From: Jim Bartley <pei505turbo_at_yahoo.ca>
Date: 09/20/05


May I suggest a further addition to this change, for safety and longevity sake? You might consider a permanent change to the wiring but do this: Have a solenoid in this line which will break the circuit once electricity (as in the ignition switch) is removed, OR, for example, when oil pressure drops to zero. (Think of a propane/natural gas heater that you have to hold "on" until the re-ignitor is red-hot.) To give two car examples of what I mean, General Motors put a "kill" switch in the Vega/Astre that would cut the electrical circuits if the oil pressure suddenly and mysteriously dropped to zero at speed, as that sad sack aluminum engine sometimes did for no good reason, which grenaded the engine. Owners of Studebaker Avantis have a problem replacing the mechanical pump with an electric pump, (and as the gas tank is higher than it really should be in any case), as you don't want gas to continue to pump/or siphon/leak by itself after a crash. A solenoid valve fixes that problem with the siphon effect, and an oil pressure switch takes care of the pump continuing after the engine ceases running for whatever reason.

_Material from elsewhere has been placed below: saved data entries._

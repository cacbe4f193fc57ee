-- ===== src/UsbHid/Tests.antt =====
-- A keyboard on a bus that takes every report, and one on a bus where the clock only runs.
use remote_wake.Base.{
  ℕ, zero, suc, ◌≤◌, ◌<◌, ◌≡◌, ◌⊎◌, refl, ap, true, false, List, [], ◌∷◌, ◌++◌, Option, some, none,
  if◌then◌else◌, codes, length, replicate, leb, ◌&&◌, ◌-◌, arith,
}
use remote_wake.Base.Int.{ℤ}
use remote_wake.Base.Results.{ok, err}
use remote_wake.Json.{Json, Items}
use remote_wake.UsbHid.State.{Err, Callback, Slice, Hid, start, neutral, enter, bus_state}
use remote_wake.UsbHid.Report.{Run, release, release_all, press_release}
use remote_wake.UsbHid.Keys.{
  Layout, mappable, char_reports, lookup_keyname, check_chord, chord_report,
}
use remote_wake.UsbHid.Actions.{
  Attempt, text_reports, type_text, plan_keys, press_keys, init_keyboard, recovery_once,
}
use remote_wake.UsbHid.Chains.{Always}
use remote_wake.UsbHid.Release.{IsSafe}
use remote_wake.UsbHid.Order.{Pressed, pressing, reports_of}
use remote_wake.UsbHid.Finish.{Refused, HasNoKey, type_text-Pressed, press_keys-Pressed}
use remote_wake.UsbHid.Runs.{Op, run_ops}
use remote_wake.UsbHid.Completes.{cost, Completed, run_ops-IsSafe}
use remote_wake.UsbHid.Chords.{key_codes, modifiers, padded, check_chord-report}
use remote_wake.UsbHid.Returns.{Ticks, Takes}
use remote_wake.UsbHid.Bounded.{looks, type_text-Takes}

-- Small letters only, with the codes of the HID usage tables.
abbrev layout : Layout
layout = record {
  ascii_shift = λ c. false;
  ascii_key = λ c. if leb 97 c && leb c 122 then c - 93 else 0;
  key_a = 4;
  key_f1 = 58;
  enter = 40;
  escape = 41;
  backspace = 42;
  tab = 43;
  space = 44;
  caps_lock = 57;
  print_screen = 70;
  insert = 73;
  home = 74;
  page_up = 75;
  delete = 76;
  last = 77;
  page_down = 78;
  right = 79;
  left = 80;
  down = 81;
  arrow_up = 82;
  minus = 45;
  equal = 46;
}

-- A bus that is up, after some callbacks.
abbrev up : List Callback → Slice
up callbacks = record {
  callbacks = callbacks;
  mounted = true;
  suspended = false;
  ready = true;
  now = 1;
  accepts = true;
  wakes = false;
  detaches = true;
}

-- The looks of a report that the bus completes, and of a release.
abbrev sends : List ℕ → List Slice
sends report = up [] ∷ up [] ∷ up [] ∷ up [] ∷ up (Callback.completed 0 report ∷ []) ∷ []

abbrev releases : List Slice
releases = sends release ++ (up [] ∷ [])

abbrev key_report : ℕ → List ℕ
key_report code = 1 ∷ 0 ∷ 0 ∷ code ∷ replicate 5 0

-- Of an action that presses a key and Enter.
abbrev course : List Slice
course =
    (up [] ∷ up [] ∷ [])
    ++ releases
    ++ sends (key_report 4)
    ++ releases
    ++ sends (key_report 40)
    ++ releases

abbrev attempt : Attempt
attempt = record { quiesced_before = false; called = 0; taken = true }

abbrev plugged : Hid
plugged = record start { installed = true }

plugged-IsSafe : IsSafe plugged
unfolding start
plugged-IsSafe = record {
  completes = λ c. absurd (ground arith);
  claims = λ c. absurd (ground arith);
  clears = λ c. absurd (ground arith);
  guarded = tt;
}

abbrev outcome : Run → Option (Err × List (List ℕ))
outcome none = none
outcome (some (h, rest, e)) = some (e, pressing (reports_of h.log))

-- The text is typed.
types_a :
    outcome (type_text layout (some (codes "a")) true attempt plugged course)
    ≡ some (Err.ok, (key_report 4 ∷ key_report 40 ∷ []))
unfolding type_text start mappable enter release_all bus_state neutral char_reports press_release
    pressing
types_a = refl

-- A text with a character that has no key is refused.
refuses_it :
    type_text layout (some (codes "a~")) true attempt plugged course
    ≡ some (plugged, course, Err.invalid_arg)
unfolding type_text start mappable
refuses_it = refl

type_text-Pressed_example :
    Always
      (Pressed plugged (text_reports layout (codes "a") true))
      (type_text layout (some (codes "a")) true attempt plugged course)
    × ((256 < length (codes "a")) ⊎ HasNoKey layout (codes "a")
        → Refused plugged course (type_text layout (some (codes "a")) true attempt plugged course))
type_text-Pressed_example =
    type_text-Pressed layout (codes "a") true attempt plugged course plugged-IsSafe

abbrev chord : Items ℤ
chord =
    Items.cons (Json.str (some (codes "LCTRL")))
      (Items.cons (Json.str (some (codes "a"))) Items.nil)

chord_passes : check_chord layout (Json.arr chord) ≡ ok tt
unfolding check_chord lookup_keyname
chord_passes = refl

check_chord-report_example :
    (length (key_codes layout chord) ≤ 6)
    × (chord_report layout (Json.arr chord)
        ≡ 1 ∷ modifiers layout chord 0 ∷ 0 ∷ padded (key_codes layout chord))
check_chord-report_example = check_chord-report layout (Json.arr chord) chord refl chord_passes

abbrev sequence : Json ℤ
sequence = Json.arr (Items.cons (Json.arr chord) Items.nil)

press_keys-Pressed_example :
    ((e : Err)
      → plan_keys layout sequence ≡ err e
      → press_keys layout sequence attempt plugged course
        ≡ some (plugged, course, if plugged.installed then e else Err.not_supported))
    × ((plan : List (List ℕ))
        → plan_keys layout sequence ≡ ok plan
        → Always (Pressed plugged plan) (press_keys layout sequence attempt plugged course))
press_keys-Pressed_example =
    press_keys-Pressed layout sequence attempt plugged course plugged-IsSafe

abbrev session : List (Op ℤ)
session =
    Op.initialises true true Err.ok
    ∷ Op.receives (Callback.mounted ∷ [])
    ∷ Op.types (some (codes "a")) true attempt
    ∷ Op.recovers true
    ∷ []

-- Slices in which only the clock runs, by a microsecond each.
ticking : ℕ → ℕ → List Slice
ticking zero t = []
ticking (suc n) t = record (up []) { now = suc t } ∷ ticking n (suc t)

length-ticking : (n t : ℕ) → length (ticking n t) ≡ n
unfolding ticking
length-ticking zero t = refl
length-ticking (suc n) t = ap suc (length-ticking n (suc t))

ticking-Ticks : (n t : ℕ) → Ticks t (ticking n t)
unfolding ticking
ticking-Ticks zero t = tt
ticking-Ticks (suc n) t = (omega arith, ticking-Ticks n (suc t))

ticking-enough : looks 2 ≤ length (ticking (looks 2) 0)
ticking-enough = omega (arith, length-ticking (looks 2) 0)

type_text-Takes_example :
    Takes
      (looks 2)
      0
      (ticking (looks 2) 0)
      (type_text layout (some (codes "a")) true attempt plugged (ticking (looks 2) 0))
type_text-Takes_example =
    type_text-Takes layout (codes "a") true attempt 0 plugged (ticking (looks 2) 0) ticking-enough
      (ticking-Ticks (looks 2) 0)

-- The looks of a course, a microsecond apart, and then slices in which only the clock runs.
stamped : ℕ → List Slice → ℕ → List Slice
stamped t [] n = ticking n t
stamped t (s ∷ rest) n = record s { now = suc t } ∷ stamped (suc t) rest n

stamped-Ticks : (t : ℕ) (slices : List Slice) (n : ℕ) → Ticks t (stamped t slices n)
unfolding stamped
stamped-Ticks t [] n = ticking-Ticks n t
stamped-Ticks t (s ∷ rest) n = (omega arith, stamped-Ticks (suc t) rest n)

stamped-enough : (t : ℕ) (slices : List Slice) (n : ℕ) → n ≤ length (stamped t slices n)
unfolding stamped
stamped-enough t [] n = omega (arith, length-ticking n t)
stamped-enough t (s ∷ rest) n = omega (arith, stamped-enough (suc t) rest n)

-- The keyboard is mounted, a text is typed, and the recovery worker releases the keys once more.
abbrev whole_course : List Slice
whole_course = course ++ (up [] ∷ up [] ∷ releases)

abbrev whole_run : List Slice
whole_run = stamped 0 whole_course (cost layout session)

completes :
    outcome (run_ops layout session start whole_run)
    ≡ some (Err.ok, (key_report 4 ∷ key_report 40 ∷ []))
unfolding run_ops type_text start mappable enter release_all bus_state neutral char_reports
    press_release pressing stamped init_keyboard recovery_once
completes = refl

run_ops-IsSafe_example :
    Always (λ h e. IsSafe h) (run_ops layout session start whole_run)
    × ((t : ℕ)
        → cost layout session ≤ length whole_run
        → Ticks t whole_run
        → Completed (run_ops layout session start whole_run))
run_ops-IsSafe_example = run_ops-IsSafe layout session whole_run

ends_safe : Completed (run_ops layout session start whole_run)
ends_safe =
    (run_ops-IsSafe layout session whole_run).1 0
      (stamped-enough 0 whole_course (cost layout session))
      (stamped-Ticks 0 whole_course (cost layout session))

An oil pressure sensitive solenoid switch (lighted would be cool <G>) that you would hold down a second or so until the oil pressure is up after starting would do the trick--also, it would be a handy "kill switch".

Jim Bartley
Prince Edward Island
87 505 Turbo--with the handy extra switch for starting 63 Studebaker Wagonaire
49 Kaiser Special
94 Toyota Corolla
other junk
--- Bob Bruce <bobbruce@mts.net> wrote:



I would run a switched line with a fuse direct from the battery to the pump.
and an extra ground from the pump to the body. As soon as the car kacks flip the switch. Don't forget to turn it off if you turn off the car or have a crash
You will have defeated all the safety systems that shut down the pump.
This is dangerous but compared to getting caught out in traffic it pales
The closest thing I have to your car are 1991 405s I forget where the 405 pump grounds and I know it is not inside the left rear wheel well
like the 505.
But I got screwed up for a day changing parts on a rusty 505 when all it had was
a bad ground in that wheel well.
I was also told by a Peugeot service rep that bad grounds were the cause of about
80% of fuel injection problems..

I had a problem with an 85 505 turbo
It would kack for no apparent reason or time turned out there was glitch in some of the injection ecus from day one
It was 7-8 years old when this was finally discovered fortunately the
initial complaint was on a work order from the Peugeot dealer dated
4 yr and 10 months after the 5 year emissions warranty started.
They cheerfully gave us a new ecu.

The message: Keep Your Bills

Bob  

  • Original Message ----- From: Paul Strickland To: peugeot-L@yahoogroups.com Sent: Monday, September 05, 2005 10:26 AM Subject: [Peugeot-L] Re: 406 coupe v6 intermittent problem

  Steve,

  This is a nasty problem !

  I had this same problem on an 85 N9T engine with only 1 ignition coil.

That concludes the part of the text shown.